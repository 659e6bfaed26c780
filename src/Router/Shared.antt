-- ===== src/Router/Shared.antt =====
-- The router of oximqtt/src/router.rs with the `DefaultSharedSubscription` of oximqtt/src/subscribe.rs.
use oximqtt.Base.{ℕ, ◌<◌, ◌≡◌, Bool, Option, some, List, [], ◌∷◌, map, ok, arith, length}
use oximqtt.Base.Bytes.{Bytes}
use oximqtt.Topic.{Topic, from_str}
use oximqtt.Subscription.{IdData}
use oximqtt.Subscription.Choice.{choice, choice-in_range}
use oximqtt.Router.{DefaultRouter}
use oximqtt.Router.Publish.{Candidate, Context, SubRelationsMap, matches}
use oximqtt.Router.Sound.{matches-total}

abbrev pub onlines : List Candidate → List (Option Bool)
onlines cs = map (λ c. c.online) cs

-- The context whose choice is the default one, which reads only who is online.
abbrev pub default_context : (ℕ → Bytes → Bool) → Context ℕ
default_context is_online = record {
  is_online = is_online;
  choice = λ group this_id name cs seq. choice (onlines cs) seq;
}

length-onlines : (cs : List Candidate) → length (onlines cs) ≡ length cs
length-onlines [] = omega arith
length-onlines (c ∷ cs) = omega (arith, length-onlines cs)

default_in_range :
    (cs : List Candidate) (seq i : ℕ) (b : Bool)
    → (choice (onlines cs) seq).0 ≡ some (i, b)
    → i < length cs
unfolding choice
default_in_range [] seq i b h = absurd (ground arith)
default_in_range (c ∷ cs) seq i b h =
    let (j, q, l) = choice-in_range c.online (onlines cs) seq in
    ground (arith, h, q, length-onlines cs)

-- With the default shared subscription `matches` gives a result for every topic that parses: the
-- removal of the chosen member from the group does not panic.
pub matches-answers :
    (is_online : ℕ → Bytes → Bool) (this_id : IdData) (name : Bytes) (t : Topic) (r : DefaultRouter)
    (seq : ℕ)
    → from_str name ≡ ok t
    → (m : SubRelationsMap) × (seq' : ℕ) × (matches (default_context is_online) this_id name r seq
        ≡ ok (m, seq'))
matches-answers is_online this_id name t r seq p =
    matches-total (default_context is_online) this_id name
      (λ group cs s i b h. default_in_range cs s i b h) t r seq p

■ ■ ■ ■

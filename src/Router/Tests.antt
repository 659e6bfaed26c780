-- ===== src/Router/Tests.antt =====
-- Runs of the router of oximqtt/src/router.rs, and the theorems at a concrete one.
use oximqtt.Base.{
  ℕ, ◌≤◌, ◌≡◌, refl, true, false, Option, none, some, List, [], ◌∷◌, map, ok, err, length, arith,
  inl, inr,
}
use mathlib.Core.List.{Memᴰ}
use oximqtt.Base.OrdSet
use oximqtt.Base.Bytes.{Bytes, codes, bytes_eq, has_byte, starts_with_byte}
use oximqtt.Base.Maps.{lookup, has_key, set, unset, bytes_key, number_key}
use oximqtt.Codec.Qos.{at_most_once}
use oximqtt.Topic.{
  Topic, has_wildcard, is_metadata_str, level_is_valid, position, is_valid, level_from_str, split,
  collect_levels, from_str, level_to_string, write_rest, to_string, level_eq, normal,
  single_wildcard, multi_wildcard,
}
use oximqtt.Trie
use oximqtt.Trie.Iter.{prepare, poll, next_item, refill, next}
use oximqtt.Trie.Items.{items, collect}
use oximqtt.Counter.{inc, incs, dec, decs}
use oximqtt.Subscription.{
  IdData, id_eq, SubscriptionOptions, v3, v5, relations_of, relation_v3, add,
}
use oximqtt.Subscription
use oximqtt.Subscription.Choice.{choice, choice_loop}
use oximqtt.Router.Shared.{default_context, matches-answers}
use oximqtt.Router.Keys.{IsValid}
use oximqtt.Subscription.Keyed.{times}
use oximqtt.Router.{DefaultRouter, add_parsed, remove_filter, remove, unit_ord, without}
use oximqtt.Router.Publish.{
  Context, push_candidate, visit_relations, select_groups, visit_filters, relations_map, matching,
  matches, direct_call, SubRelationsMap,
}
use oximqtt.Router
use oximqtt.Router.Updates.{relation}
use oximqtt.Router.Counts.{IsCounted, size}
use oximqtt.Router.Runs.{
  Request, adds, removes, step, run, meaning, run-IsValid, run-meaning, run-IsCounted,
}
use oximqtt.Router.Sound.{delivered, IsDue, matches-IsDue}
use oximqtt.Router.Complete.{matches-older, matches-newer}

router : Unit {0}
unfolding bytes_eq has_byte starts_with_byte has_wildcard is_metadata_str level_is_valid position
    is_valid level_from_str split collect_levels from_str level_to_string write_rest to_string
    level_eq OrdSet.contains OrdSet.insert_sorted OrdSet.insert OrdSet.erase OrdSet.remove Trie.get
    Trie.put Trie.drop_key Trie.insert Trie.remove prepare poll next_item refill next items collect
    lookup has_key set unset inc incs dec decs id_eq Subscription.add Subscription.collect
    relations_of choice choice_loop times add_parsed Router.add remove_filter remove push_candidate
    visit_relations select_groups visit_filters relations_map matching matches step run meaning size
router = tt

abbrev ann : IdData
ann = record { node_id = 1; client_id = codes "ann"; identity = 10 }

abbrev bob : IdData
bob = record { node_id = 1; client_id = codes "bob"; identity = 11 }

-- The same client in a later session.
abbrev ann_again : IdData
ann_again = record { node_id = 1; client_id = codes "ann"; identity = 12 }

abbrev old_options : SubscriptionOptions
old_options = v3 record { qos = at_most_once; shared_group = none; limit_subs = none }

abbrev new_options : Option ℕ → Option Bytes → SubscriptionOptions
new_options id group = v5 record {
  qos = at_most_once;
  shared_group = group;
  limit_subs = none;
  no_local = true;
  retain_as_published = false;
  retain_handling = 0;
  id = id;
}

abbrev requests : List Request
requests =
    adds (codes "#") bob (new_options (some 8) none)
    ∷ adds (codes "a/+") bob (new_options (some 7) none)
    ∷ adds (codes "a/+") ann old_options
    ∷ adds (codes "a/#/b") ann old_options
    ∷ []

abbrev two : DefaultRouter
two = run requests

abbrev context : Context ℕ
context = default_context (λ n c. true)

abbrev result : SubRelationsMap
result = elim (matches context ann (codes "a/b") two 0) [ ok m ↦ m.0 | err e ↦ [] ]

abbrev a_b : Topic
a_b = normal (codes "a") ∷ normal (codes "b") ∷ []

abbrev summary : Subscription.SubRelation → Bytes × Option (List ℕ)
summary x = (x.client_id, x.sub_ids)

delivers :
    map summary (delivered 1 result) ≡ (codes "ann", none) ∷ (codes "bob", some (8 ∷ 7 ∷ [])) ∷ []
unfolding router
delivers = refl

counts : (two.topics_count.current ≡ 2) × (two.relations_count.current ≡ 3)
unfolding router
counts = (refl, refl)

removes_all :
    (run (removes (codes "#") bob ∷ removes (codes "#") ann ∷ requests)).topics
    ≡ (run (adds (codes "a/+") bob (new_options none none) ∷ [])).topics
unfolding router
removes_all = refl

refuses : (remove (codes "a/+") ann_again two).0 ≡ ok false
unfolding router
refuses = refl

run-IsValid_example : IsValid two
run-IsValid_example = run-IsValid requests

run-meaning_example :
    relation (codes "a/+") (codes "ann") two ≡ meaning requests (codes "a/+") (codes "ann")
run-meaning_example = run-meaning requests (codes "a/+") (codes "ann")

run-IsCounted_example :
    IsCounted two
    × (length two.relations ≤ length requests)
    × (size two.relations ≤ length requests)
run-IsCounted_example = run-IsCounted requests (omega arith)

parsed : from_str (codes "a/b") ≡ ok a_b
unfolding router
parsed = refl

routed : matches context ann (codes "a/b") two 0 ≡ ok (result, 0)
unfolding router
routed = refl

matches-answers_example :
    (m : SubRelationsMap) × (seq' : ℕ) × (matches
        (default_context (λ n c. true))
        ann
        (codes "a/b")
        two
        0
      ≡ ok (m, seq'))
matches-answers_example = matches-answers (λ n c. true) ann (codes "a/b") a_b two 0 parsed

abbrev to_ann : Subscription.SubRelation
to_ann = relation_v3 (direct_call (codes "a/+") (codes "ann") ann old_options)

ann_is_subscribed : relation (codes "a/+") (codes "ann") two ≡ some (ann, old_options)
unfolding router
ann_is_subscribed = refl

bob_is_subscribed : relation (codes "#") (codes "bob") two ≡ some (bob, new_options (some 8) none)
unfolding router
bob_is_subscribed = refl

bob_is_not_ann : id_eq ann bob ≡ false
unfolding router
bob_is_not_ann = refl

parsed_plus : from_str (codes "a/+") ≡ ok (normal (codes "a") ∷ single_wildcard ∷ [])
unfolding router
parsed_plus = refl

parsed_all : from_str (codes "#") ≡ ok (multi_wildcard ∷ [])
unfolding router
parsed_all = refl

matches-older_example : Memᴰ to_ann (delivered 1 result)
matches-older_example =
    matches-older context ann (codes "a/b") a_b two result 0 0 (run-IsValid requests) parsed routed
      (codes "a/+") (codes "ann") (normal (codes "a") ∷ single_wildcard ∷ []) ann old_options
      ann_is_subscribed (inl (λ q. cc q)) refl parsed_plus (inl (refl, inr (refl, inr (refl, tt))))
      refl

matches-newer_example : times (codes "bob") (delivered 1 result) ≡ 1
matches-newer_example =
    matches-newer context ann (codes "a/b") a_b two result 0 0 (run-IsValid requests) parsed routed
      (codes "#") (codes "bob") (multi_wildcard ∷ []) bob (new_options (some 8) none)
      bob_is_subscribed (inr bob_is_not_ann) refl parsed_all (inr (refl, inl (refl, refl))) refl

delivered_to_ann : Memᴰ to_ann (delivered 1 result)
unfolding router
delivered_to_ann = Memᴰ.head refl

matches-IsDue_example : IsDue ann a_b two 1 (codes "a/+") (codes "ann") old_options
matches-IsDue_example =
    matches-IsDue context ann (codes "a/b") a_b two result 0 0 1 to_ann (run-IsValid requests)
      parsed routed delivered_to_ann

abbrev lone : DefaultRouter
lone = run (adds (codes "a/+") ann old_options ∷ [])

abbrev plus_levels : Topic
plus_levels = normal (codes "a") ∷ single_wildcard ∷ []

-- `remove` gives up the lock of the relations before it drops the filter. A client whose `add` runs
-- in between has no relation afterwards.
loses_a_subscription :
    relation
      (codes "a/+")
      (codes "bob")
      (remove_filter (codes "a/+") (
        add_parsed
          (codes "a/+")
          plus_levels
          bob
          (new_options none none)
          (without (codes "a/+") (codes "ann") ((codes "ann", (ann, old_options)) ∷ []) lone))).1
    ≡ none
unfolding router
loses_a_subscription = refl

■ ■ ■ ■

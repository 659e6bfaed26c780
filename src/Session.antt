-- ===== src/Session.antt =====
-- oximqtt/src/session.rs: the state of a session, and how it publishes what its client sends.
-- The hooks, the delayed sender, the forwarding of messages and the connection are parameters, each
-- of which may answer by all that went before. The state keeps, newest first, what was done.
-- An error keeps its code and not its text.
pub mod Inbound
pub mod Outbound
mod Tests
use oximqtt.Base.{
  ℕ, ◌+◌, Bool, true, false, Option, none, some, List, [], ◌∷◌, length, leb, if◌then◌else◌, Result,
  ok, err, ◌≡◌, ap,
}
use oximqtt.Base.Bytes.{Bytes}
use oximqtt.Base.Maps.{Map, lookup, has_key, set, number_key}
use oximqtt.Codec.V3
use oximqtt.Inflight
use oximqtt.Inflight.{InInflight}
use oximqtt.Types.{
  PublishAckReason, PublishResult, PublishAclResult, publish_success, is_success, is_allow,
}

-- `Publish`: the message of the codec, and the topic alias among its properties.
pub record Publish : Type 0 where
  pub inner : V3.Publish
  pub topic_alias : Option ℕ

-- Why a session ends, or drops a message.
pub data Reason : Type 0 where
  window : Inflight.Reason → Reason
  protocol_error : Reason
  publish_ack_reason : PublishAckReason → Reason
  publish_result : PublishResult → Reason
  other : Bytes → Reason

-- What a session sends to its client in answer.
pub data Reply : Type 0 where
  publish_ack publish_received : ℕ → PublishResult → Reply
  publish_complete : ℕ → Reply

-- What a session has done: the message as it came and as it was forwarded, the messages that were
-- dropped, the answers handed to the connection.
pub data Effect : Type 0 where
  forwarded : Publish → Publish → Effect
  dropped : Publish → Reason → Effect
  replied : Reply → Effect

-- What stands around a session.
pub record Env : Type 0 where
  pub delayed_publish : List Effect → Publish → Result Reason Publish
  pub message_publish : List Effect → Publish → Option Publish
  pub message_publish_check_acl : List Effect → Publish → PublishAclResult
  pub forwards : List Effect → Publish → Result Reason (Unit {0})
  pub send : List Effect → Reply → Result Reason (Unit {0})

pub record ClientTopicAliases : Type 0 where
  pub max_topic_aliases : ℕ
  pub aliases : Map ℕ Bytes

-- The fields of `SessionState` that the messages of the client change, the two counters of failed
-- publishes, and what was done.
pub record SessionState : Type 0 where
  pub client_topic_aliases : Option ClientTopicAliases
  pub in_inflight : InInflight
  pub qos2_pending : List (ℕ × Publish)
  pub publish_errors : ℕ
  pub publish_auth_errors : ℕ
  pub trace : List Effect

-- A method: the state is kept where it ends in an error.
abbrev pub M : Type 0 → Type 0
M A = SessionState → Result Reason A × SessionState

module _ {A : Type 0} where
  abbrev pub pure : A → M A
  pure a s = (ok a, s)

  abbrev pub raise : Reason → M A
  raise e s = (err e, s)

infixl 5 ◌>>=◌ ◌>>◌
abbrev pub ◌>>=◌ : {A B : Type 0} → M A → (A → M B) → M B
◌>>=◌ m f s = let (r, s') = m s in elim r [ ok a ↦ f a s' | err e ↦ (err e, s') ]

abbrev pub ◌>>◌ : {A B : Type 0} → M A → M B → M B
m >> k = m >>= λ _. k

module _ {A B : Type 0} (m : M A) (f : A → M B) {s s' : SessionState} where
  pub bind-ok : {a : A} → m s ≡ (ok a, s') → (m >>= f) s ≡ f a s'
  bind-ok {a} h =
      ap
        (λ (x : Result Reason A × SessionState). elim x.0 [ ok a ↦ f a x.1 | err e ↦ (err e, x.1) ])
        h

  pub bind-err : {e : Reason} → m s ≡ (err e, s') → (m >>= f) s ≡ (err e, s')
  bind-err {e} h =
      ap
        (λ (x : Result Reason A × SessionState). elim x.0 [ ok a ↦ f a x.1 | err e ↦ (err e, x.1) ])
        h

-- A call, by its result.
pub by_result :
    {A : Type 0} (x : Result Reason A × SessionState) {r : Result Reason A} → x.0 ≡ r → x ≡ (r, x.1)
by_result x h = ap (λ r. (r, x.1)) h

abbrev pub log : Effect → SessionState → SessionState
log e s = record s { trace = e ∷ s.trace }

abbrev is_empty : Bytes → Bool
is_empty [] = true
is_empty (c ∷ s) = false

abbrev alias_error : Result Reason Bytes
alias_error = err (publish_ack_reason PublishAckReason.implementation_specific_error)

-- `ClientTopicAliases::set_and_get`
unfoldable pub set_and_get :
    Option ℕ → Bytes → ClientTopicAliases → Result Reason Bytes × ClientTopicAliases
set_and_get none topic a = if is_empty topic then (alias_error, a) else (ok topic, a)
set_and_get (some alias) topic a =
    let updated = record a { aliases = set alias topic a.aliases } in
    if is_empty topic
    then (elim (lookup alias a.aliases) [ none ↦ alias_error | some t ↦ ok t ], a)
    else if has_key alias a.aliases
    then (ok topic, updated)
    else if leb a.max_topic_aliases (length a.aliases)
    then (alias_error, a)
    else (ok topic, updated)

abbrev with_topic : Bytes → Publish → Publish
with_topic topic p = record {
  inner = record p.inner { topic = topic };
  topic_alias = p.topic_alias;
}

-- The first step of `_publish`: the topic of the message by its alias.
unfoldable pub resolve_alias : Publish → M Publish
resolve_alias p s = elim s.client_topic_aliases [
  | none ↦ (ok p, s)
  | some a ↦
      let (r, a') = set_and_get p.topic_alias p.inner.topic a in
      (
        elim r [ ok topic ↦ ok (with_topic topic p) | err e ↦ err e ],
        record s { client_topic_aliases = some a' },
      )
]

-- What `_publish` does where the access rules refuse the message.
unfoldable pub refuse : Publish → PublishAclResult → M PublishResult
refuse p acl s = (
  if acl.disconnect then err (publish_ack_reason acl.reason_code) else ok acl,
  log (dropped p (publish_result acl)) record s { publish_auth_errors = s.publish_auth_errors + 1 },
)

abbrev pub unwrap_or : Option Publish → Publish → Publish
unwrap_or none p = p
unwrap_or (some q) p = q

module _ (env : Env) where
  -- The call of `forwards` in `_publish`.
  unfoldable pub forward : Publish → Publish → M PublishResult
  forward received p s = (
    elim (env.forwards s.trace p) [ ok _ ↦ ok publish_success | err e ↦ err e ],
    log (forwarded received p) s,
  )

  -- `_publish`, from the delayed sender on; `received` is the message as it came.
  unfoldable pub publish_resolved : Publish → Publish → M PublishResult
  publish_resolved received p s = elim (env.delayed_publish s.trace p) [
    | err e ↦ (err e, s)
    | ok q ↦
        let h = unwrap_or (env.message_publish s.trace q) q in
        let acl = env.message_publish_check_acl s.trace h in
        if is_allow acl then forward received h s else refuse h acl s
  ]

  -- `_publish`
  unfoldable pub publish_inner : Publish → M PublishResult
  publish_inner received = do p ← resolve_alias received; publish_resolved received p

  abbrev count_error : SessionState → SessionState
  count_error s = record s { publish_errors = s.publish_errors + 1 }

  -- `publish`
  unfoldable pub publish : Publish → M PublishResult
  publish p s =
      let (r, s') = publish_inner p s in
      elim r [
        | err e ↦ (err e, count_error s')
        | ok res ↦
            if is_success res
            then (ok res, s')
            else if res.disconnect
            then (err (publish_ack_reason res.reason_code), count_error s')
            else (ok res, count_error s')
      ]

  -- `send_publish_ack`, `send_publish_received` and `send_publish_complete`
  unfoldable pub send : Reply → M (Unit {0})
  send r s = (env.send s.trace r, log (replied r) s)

■ ■ ■ ■

About this task =>
The answer must be every line from the entries above that holds the string "PublishAckReason".

Solution to the problem =>
  PublishAckReason, PublishResult, PublishAclResult, publish_success, is_success, is_allow,
  publish_ack_reason : PublishAckReason → Reason
alias_error = err (publish_ack_reason PublishAckReason.implementation_specific_error)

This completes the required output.